Take the line with "pub mod Registry" as the first line and the last line of the data as the final one. Write out those lines exactly, and no others.
(SUPPLIED RECORDS Opens)
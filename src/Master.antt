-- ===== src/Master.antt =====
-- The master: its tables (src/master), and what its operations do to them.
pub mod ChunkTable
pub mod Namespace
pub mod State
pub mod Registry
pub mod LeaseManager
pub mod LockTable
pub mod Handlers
(SUPPLIED RECORDS Closes)
### [SOLUTION TO THE EXERCISE]
pub mod Registry
pub mod LeaseManager
pub mod LockTable
pub mod Handlers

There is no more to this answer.